Posted June 13, 2011 - 08:37 AM

#9

Well there isn't a place nearby with a battery that is reasonably priced. I will have to order one online and wait for it to show up before I can get this thing tested on a good battery.

  • RockRogue

Posted June 14, 2011 - 03:48 PM

#10

I did a final battery test. Overnight charge on an old automatic charger I have.

Voltage on battery after sitting for 3 days hooked up to bike with no load = 13V.

The following readings were all taken in about 2 minutes:
Ignition on = 12.5V
Start button depressed (solenoid click only, tried 4 times) = 5-7V
Ignition off = 12.6V
Ignition on = 10.4V

I think this is conclusive. My battery is worthless now. I will order a new one tomorrow.

  • RockRogue

Posted July 07, 2011 - 12:47 PM

#11

I was lazy for a while and didn't swap my battery. Here is how it went:

I got my $45 battery from amazon, and it had 13V out of the box. I put it on an auto 2 amp charger overnight (which stayed on trickle the whole time).

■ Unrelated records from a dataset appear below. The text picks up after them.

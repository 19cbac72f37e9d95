-- ===== src/Machine/Tests.antt =====
-- The theorem on sequences of transitions (runtime_state.py) at the sequence of a run that succeeds.
use agent_learning_loop.Base.{true, ◌≡◌, refl, List, [], ◌∷◌, contains}
use agent_learning_loop.Schemas.{RuntimeState, state_eq}
use agent_learning_loop.Machine.{transition}
use agent_learning_loop.Machine.Paths.{follow, succeeded_passes_every_stage}

abbrev run_states : List RuntimeState
run_states =
    RuntimeState.resetting ∷ RuntimeState.ready ∷ RuntimeState.deciding ∷ RuntimeState.verifying
    ∷ RuntimeState.succeeded ∷ []

succeeded_passes_every_stage_example :
    (contains run_states RuntimeState.resetting ≡ true)
    × (contains run_states RuntimeState.ready ≡ true)
    × (contains run_states RuntimeState.deciding ≡ true)
    × (contains run_states RuntimeState.verifying ≡ true)
unfolding follow transition
succeeded_passes_every_stage_example =
    succeeded_passes_every_stage run_states (record { state = RuntimeState.succeeded }) refl refl
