-- ===== src/Runtime.antt =====
-- src/agent_learning_loop/runtime.py: the Runtime with injected faults, bounded retry and
-- idempotency. `Store` and `Session` hold its state, `Attempts` the retry loop, `Run` the task loop.
pub mod Store
pub mod Session
pub mod Exits
pub mod Attempts
pub mod Retry
pub mod Bounds
pub mod Idempotence
pub mod Frame
pub mod Round
pub mod Act
pub mod Run
pub mod Trace
pub mod Outcomes
pub mod Stages
pub mod Terminal
pub mod Finish
pub mod Whole
pub mod Task
pub mod Finished
pub mod Escape
mod Tests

I waited a few weeks with the battery not on the ground before I found time to work on it, still had 12.9V+. I installed the battery, kickstarted the bike, and the voltage is at 14V at idle, and 14.3V when I give it some gas (I don't know the RPM, maybe 5K?).

So, problem solved. This result confirms that charging system diagnosis on a confirmed dead (permanently) battery is of questionable usefullness.